Par ailleurs, l’on sait que l’ancien leader d’Ansar Dine, Iyad Ag Ghali, dont l’organisation a depuis lors été, en mars 2017, fusionnée dans le Groupe de soutien à l’islam et aux musulmans (GSIM), est un protégé de longue date de la capitale algérienne, et il aurait notamment, selon ce qu’avait révélé le quotidien français Le Monde en juillet 2018, été in extremis sauvé par elle lorsqu’il était sur le point d’être neutralisé en 2016 à l’hôpital de Tamanrasset par un service de renseignement occidental. Mais l’Algérie est, surtout, souvent taxée d’avoir des vues sur le Nord-Mali, où l’on peut notamment trouver de riches sous-sol en pétrole.

Faciliter les tractations
Elle vient d’ailleurs de se voir accuser par l’Alliance démocratique du peuple malien (ADÉPM), un parti d’opposition malien, de s’être approprié le territoire au cours d’une opération que le ministère de la Défense nationale algérien a présenté, dans un communiqué de réaction, comme une simple “mission technique”,... sans nier toutefois avoir déployé en plein territoire malien, et ce sans l’autorisation de Bamako, des soldats de l’ANP. “L’Algérie (...) réitère son total engagement à respecter la souveraineté des États et le principe de l’intangibilité des frontières,” a plaidé le ministère de la Défense algérien. M. Tebboune renvoyait sans doute lui-même à la levée de boucliers de l’ADÉPM en clamant, dans son allocution du 10 octobre, que l’action de son pays au Mali ne n’inscrivait “pas dans le cadre de plans expansionniste ou idéologique”.

La méfiance envers l’irrédentisme algérien semble, toutefois, persister, et on la trouve d’ailleurs également dans les autres pays du voisinage et notamment en Libye, où l’on sait qu’une partie de l’état-major de l’ANP n’a pas encore tout-à-fait renoncé à l’annexion de la région du Fezzan, qui pour rappel fit, d’avril 1943 à décembre 1951, partie de l’Algérie française. Elle explique sans doute en grande partie l’échec de la médiation algérienne dans le pays d’Omar El Mokhtar, où les belligérants ont, dès 2015, choisi de se tourner vers le Maroc pour faciliter les tractations entre eux, avec finalement l’accord le 7 octobre à Bouznika entre le Haut conseil d’Etat et de la Chambre des représentants sur la future répartition des postes de souveraineté.

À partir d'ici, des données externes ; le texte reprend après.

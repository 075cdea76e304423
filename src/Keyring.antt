-- ===== src/Keyring.antt =====
-- materials/keyring.py, materials/kms_keyring.py and materials/crypto_materials_manager.py.
pub mod Accepted
pub mod Wrapping
pub mod Unwrap
pub mod Wrap
use amazon_s3_encryption_cli.Prelude.{
  ◌≡◌, Bool, true, false, not, ◌&&◌, ◌||◌, String, Bytes, Dict, lookup, insert, erase, contains,
  List, [], ◌∷◌, Option, none, some, is_some, is_empty, length, ◌==◌, if◌then◌else◌,
}
use amazon_s3_encryption_cli.Errors.{
  Error, Result, ok, err, client_error, other_error, ◌>>=◌, ◌>>◌, raise_if, no_edk,
  plaintext_key_present, edk_count, stored_context_not_dict, reserved_key, context_mismatch,
  no_suite_selected, cek_alg_mismatch, legacy_wrapping_disabled, context_with_kms_v1,
  invalid_wrap_alg,
}
use amazon_s3_encryption_cli.Values.{
  Value, null, text, object, number, array, Member, equals_text, member_is, same_pairs,
}
use amazon_s3_encryption_cli.External.{Kms}
use amazon_s3_encryption_cli.Suite.{AlgorithmSuite, content_cipher}
use amazon_s3_encryption_cli.Materials.{EncryptedDataKey, EncryptionMaterials, DecryptionMaterials}

abbrev pub kms_context_default_key : String
kms_context_default_key = "aws:x-amz-cek-alg"

abbrev pub kms_v1_default_key : String
kms_v1_default_key = "kms_cmk_id"

-- `AbstractKeyring` and `AbstractCryptoMaterialsManager`
pub record Keyring : Type 0 where
  pub on_encrypt : EncryptionMaterials → Result EncryptionMaterials
  pub on_decrypt : DecryptionMaterials → Option (List EncryptedDataKey) → Result DecryptionMaterials

pub record Cmm : Type 0 where
  pub get_encryption_materials : EncryptionMaterials → Result EncryptionMaterials
  pub decrypt_materials : DecryptionMaterials → Result DecryptionMaterials

-- `DefaultCryptoMaterialsManager` delegates to one keyring.
abbrev pub default_cmm : Keyring → Cmm
default_cmm keyring = record {
  get_encryption_materials = λ materials. keyring.on_encrypt materials;
  decrypt_materials = λ materials. keyring.on_decrypt materials materials.encrypted_data_keys;
}

-- `encrypted_data_keys if encrypted_data_keys is not None else dec_materials.encrypted_data_keys`
abbrev pub chosen_edks :
    DecryptionMaterials → Option (List EncryptedDataKey) → Option (List EncryptedDataKey)
chosen_edks materials none = materials.encrypted_data_keys
chosen_edks materials (some edks) = some edks

abbrev pub required {ℓ} : {A : Type ℓ} → Option A → Error → Result A
required none e = err e
required (some a) e = ok a

-- `isinstance(v, dict)`, with the dictionary
abbrev pub as_dict : Value → Error → Result (Dict Member)
as_dict (object d) e = ok d
as_dict _ e = err e

-- `S3Keyring.on_decrypt`, whose checks come before those of every S3 keyring.
unfoldable pub s3_on_decrypt :
    DecryptionMaterials → Option (List EncryptedDataKey) → Result DecryptionMaterials
s3_on_decrypt materials passed = do
  edks ← required (chosen_edks materials passed) (client_error no_edk)
  raise_if (is_some materials.plaintext_data_key) (client_error plaintext_key_present)
  raise_if (not (length edks == 1)) (client_error edk_count)
  _ ← as_dict materials.encryption_context_stored (client_error stored_context_not_dict)
  ok materials

pub record KmsKeyring : Type 0 where
  pub kms_client : Kms
  pub kms_key_id : String
  pub enable_legacy_wrapping_algorithms : Bool

unfoldable pub kms_on_encrypt : KmsKeyring → EncryptionMaterials → Result EncryptionMaterials
kms_on_encrypt keyring materials = do
  let context =
      insert kms_context_default_key (content_cipher materials.encryption_algorithm)
        materials.encryption_context
  response ← keyring.kms_client.generate_data_key keyring.kms_key_id "AES_256" context
  let edk : EncryptedDataKey = record {
    key_provider_info = some (text "kms+context");
    key_provider_id = "S3Keyring";
    encrypted_data_key = response.0;
  }
  ok (record materials {
    encryption_context = context;
    encrypted_data_key = some edk;
    plaintext_data_key = some response.1;
  })

-- `edks[0]`
abbrev pub first_edk : Option (List EncryptedDataKey) → Result EncryptedDataKey
first_edk none = err other_error
first_edk (some []) = err other_error
first_edk (some (edk ∷ rest)) = ok edk

abbrev pub info_is : Option Value → String → Bool
info_is none s = false
info_is (some v) s = equals_text v s

-- The stored context without the two keys that the client reserves.
unfoldable pub without_reserved : Dict Member → Dict Member
without_reserved stored = erase kms_context_default_key (erase kms_v1_default_key stored)

-- The checks of the Kms+Context mode.
unfoldable pub check_kms_context :
    Dict Member → Dict String → Option AlgorithmSuite → Result (Unit {0})
unfolding without_reserved
check_kms_context stored request suite = do
  raise_if (contains kms_context_default_key request) (client_error reserved_key)
  raise_if (not (same_pairs (without_reserved stored) request)) (client_error context_mismatch)
  selected ← required suite (client_error no_suite_selected)
  raise_if (not (member_is (lookup kms_context_default_key stored) (content_cipher selected)))
      (client_error cek_alg_mismatch)

-- The checks of the KmsV1 mode.
unfoldable pub check_kms_v1 : Bool → Dict String → Result (Unit {0})
check_kms_v1 legacy request = do
  raise_if (not legacy) (client_error legacy_wrapping_disabled)
  raise_if (not (is_empty request)) (client_error context_with_kms_v1)

unfoldable pub check_wrapping :
    Bool → Option Value → Dict Member → Dict String → Option AlgorithmSuite → Result (Unit {0})
unfolding check_kms_context check_kms_v1
check_wrapping legacy info stored request suite =
    if info_is info "kms+context"
    then check_kms_context stored request suite
    else if info_is info "kms"
    then check_kms_v1 legacy request
    else err (client_error invalid_wrap_alg)

unfoldable pub kms_on_decrypt :
    KmsKeyring → DecryptionMaterials → Option (List EncryptedDataKey) → Result DecryptionMaterials
unfolding s3_on_decrypt check_wrapping
kms_on_decrypt keyring materials passed = do
  checked ← s3_on_decrypt materials passed
  edk ← first_edk (chosen_edks checked passed)
  stored ← as_dict checked.encryption_context_stored (client_error stored_context_not_dict)
  check_wrapping keyring.enable_legacy_wrapping_algorithms edk.key_provider_info stored
      checked.encryption_context_from_request checked.algorithm_suite
  plaintext ← keyring.kms_client.decrypt keyring.kms_key_id edk.encrypted_data_key stored
  ok (record checked { plaintext_data_key = some plaintext })

abbrev pub kms_keyring : KmsKeyring → Keyring
kms_keyring keyring = record {
  on_encrypt = kms_on_encrypt keyring;
  on_decrypt = kms_on_decrypt keyring;
}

Alger, on le sait, n’a jamais accepté cela, comme l’avait illustré le fait que M. Boukadoum fasse l’impasse, dans l’interview qu’il avait accordée le 8 septembre à la chaîne France 24, sur le round de négociations se tenant en même temps à Skhirat alors que la journaliste Soundousse Ibrahimi lui avait pourtant posé la question sur le conflit libyen, et M. Tebboune a emboîté le pas, au ministère de la Défense algérien, à son ministre des Affaires étrangères en comparant ce round à “réunir cinq personnes par-ci, par-là”.

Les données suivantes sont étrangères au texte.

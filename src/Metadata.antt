-- ===== src/Metadata.antt =====
-- metadata.py: `ObjectMetadata`, its dictionary form and the tests for the three message formats.
pub mod Formats
pub mod Agree
pub mod RoundTrip
use amazon_s3_encryption_cli.Prelude.{
  ◌+◌, ◌≡◌, Bool, true, false, not, ◌&&◌, ◌||◌, String, Dict, lookup, insert, contains, List, [],
  ◌∷◌, Option, none, some, is_some, ltb, if◌then◌else◌, ℕ,
}
use amazon_s3_encryption_cli.Errors.{Result, ok, err, type_error, ◌>>=◌}
use amazon_s3_encryption_cli.Values.{Value, null, text, object, number, array}
use amazon_s3_encryption_cli.External.{Json}

pub record ObjectMetadata : Type 0 where
  pub encrypted_data_key_v1 : Option Value
  pub encrypted_data_key_v2 : Option Value
  pub encrypted_data_key_algorithm : Option Value
  pub encrypted_data_key_context : Option Value
  pub content_iv : Option Value
  pub content_cipher : Option Value
  pub content_cipher_tag_length : Option Value
  pub instruction_file : Option Value
  pub content_cipher_v3 : Option Value
  pub encrypted_data_key_v3 : Option Value
  pub mat_desc_v3 : Option Value
  pub encryption_context_v3 : Option Value
  pub encrypted_data_key_algorithm_v3 : Option Value
  pub key_commitment_v3 : Option Value
  pub message_id_v3 : Option Value

-- `ObjectMetadata()`: every field has its default.
abbrev pub blank : ObjectMetadata
blank = record {
  encrypted_data_key_v1 = none;
  encrypted_data_key_v2 = none;
  encrypted_data_key_algorithm = none;
  encrypted_data_key_context = none;
  content_iv = none;
  content_cipher = none;
  content_cipher_tag_length = some (text "128");
  instruction_file = none;
  content_cipher_v3 = none;
  encrypted_data_key_v3 = none;
  mat_desc_v3 = none;
  encryption_context_v3 = none;
  encrypted_data_key_algorithm_v3 = none;
  key_commitment_v3 = none;
  message_id_v3 = none;
}

-- A value that is `None` counts as missing.
abbrev pub present : Option Value → Option Value
present none = none
present (some null) = none
present (some v) = some v

-- `metadata_dict.get(k)`
unfoldable pub field : String → Dict Value → Option Value
field k d = present (lookup k d)

abbrev pub count : Bool → ℕ
count b = if b then 1 else 0

module _ (m : ObjectMetadata) where
  unfoldable pub is_v1_format : Bool
  is_v1_format =
      is_some m.content_iv
      && is_some m.encrypted_data_key_context
      && is_some m.encrypted_data_key_v1
      && not (is_some m.encrypted_data_key_v2)

  unfoldable pub is_v2_format : Bool
  is_v2_format =
      is_some m.content_cipher
      && is_some m.content_iv
      && is_some m.encrypted_data_key_algorithm
      && is_some m.encrypted_data_key_v2
      && not (is_some m.encrypted_data_key_v1)

  unfoldable pub is_v3_format : Bool
  is_v3_format =
      is_some m.content_cipher_v3
      && is_some m.encrypted_data_key_algorithm_v3
      && is_some m.key_commitment_v3
      && is_some m.message_id_v3
      && is_some m.encrypted_data_key_v3
      && not (is_some m.encrypted_data_key_v2)
      && not (is_some m.encrypted_data_key_v1)

  unfoldable pub has_exclusive_key_collision : Bool
  has_exclusive_key_collision = ltb 1 (
      count (is_some m.encrypted_data_key_v1)
      + count (is_some m.encrypted_data_key_v2)
      + count (is_some m.encrypted_data_key_v3))

  unfoldable pub is_v3_in_object_metadata : Bool
  is_v3_in_object_metadata =
      is_some m.content_cipher_v3
      && is_some m.key_commitment_v3
      && is_some m.message_id_v3
      && not (is_some m.encrypted_data_key_v3)

  unfoldable pub should_use_instruction_file : Bool
  unfolding is_v3_in_object_metadata
  should_use_instruction_file =
      is_v3_in_object_metadata
      || not (
          is_some m.encrypted_data_key_v1
          || is_some m.encrypted_data_key_v2
          || is_some m.encrypted_data_key_v3)

-- `json.loads(v)`: only a text is parsed.
unfoldable pub json_loads : Json → Value → Result Value
json_loads json (text s) = json.loads s
json_loads json v = err type_error

-- The parsed encryption context; a missing one, and a parsed `null`, is `None`.
unfoldable pub parsed_context : Json → Option Value → Result (Option Value)
unfolding json_loads
parsed_context json none = ok none
parsed_context json (some v) = do c ← json_loads json v; ok (present (some c))

unfoldable pub from_dict : Json → Dict Value → Result ObjectMetadata
unfolding parsed_context
from_dict json d = do
  context ← parsed_context json (field "x-amz-matdesc" d)
  ok (record {
    encrypted_data_key_v1 = field "x-amz-key" d;
    encrypted_data_key_v2 = field "x-amz-key-v2" d;
    encrypted_data_key_algorithm = field "x-amz-wrap-alg" d;
    encrypted_data_key_context = context;
    content_iv = field "x-amz-iv" d;
    content_cipher = field "x-amz-cek-alg" d;
    content_cipher_tag_length = field "x-amz-tag-len" d;
    instruction_file = field "x-amz-crypto-instr-file" d;
    content_cipher_v3 = field "x-amz-c" d;
    encrypted_data_key_v3 = field "x-amz-3" d;
    mat_desc_v3 = field "x-amz-m" d;
    encryption_context_v3 = field "x-amz-t" d;
    encrypted_data_key_algorithm_v3 = field "x-amz-w" d;
    key_commitment_v3 = field "x-amz-d" d;
    message_id_v3 = field "x-amz-i" d;
  })

-- `if v is not None: result[k] = v`
abbrev pub put_some : String → Option Value → Dict Value → Dict Value
put_some k none d = d
put_some k (some v) d = insert k v d

-- A dictionary is written as its JSON text, any other value as it is.
abbrev pub dumped : Json → Option Value → Option Value
dumped json none = none
dumped json (some (object o)) = some (text (json.dumps (object o)))
dumped json (some v) = some v

-- The context of V1 and V2 is always written as JSON.
abbrev pub always_dumped : Json → Option Value → Option Value
always_dumped json none = none
always_dumped json (some v) = some (text (json.dumps v))

unfoldable pub to_dict : Json → ObjectMetadata → Dict Value
to_dict json m = put_some "x-amz-i" m.message_id_v3 (
    put_some "x-amz-d" m.key_commitment_v3 (
      put_some "x-amz-w" m.encrypted_data_key_algorithm_v3 (
        put_some "x-amz-t" (dumped json m.encryption_context_v3) (
          put_some "x-amz-m" (dumped json m.mat_desc_v3) (
            put_some "x-amz-3" m.encrypted_data_key_v3 (
              put_some "x-amz-c" m.content_cipher_v3 (
                put_some "x-amz-crypto-instr-file" m.instruction_file (
                  put_some "x-amz-tag-len"
                    (if is_v3_format m then none else m.content_cipher_tag_length)
                    (put_some "x-amz-cek-alg" m.content_cipher (
                      put_some "x-amz-iv" m.content_iv (
                        put_some "x-amz-matdesc" (always_dumped json m.encrypted_data_key_context) (
                          put_some "x-amz-wrap-alg" m.encrypted_data_key_algorithm (
                            put_some "x-amz-key-v2" m.encrypted_data_key_v2
                              (put_some "x-amz-key" m.encrypted_data_key_v1 []))))))))))))))

abbrev pub valid_s3ec_metadata_keys : List String
valid_s3ec_metadata_keys =
    "x-amz-key" ∷ "x-amz-key-v2" ∷ "x-amz-wrap-alg" ∷ "x-amz-matdesc" ∷ "x-amz-iv" ∷ "x-amz-cek-alg"
    ∷ "x-amz-tag-len" ∷ "x-amz-crypto-instr-file" ∷ "x-amz-c" ∷ "x-amz-3" ∷ "x-amz-m" ∷ "x-amz-t"
    ∷ "x-amz-w" ∷ "x-amz-d" ∷ "x-amz-i" ∷ []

Le président algérien a insisté, à cet égard, sur le fait que, selon lui, la seule vraie solution était d’organiser des élections et que “toute autre solution est une perte de temps”; sauf qu’à la veille du déplacement de ce 15 octobre du ministre de l’Europe français, Jean-Yves Le Drian, en Algérie, les officiels algériens remettaient sur la table la soi-disant solution des pays du voisinage dont le quotidien algérien El Khabar avait, le premier, détaillé la teneur le 4 août. Preuve s’il en fallait encore d’une mauvaise foi sans bornes, au figuré comme, surtout, au propre.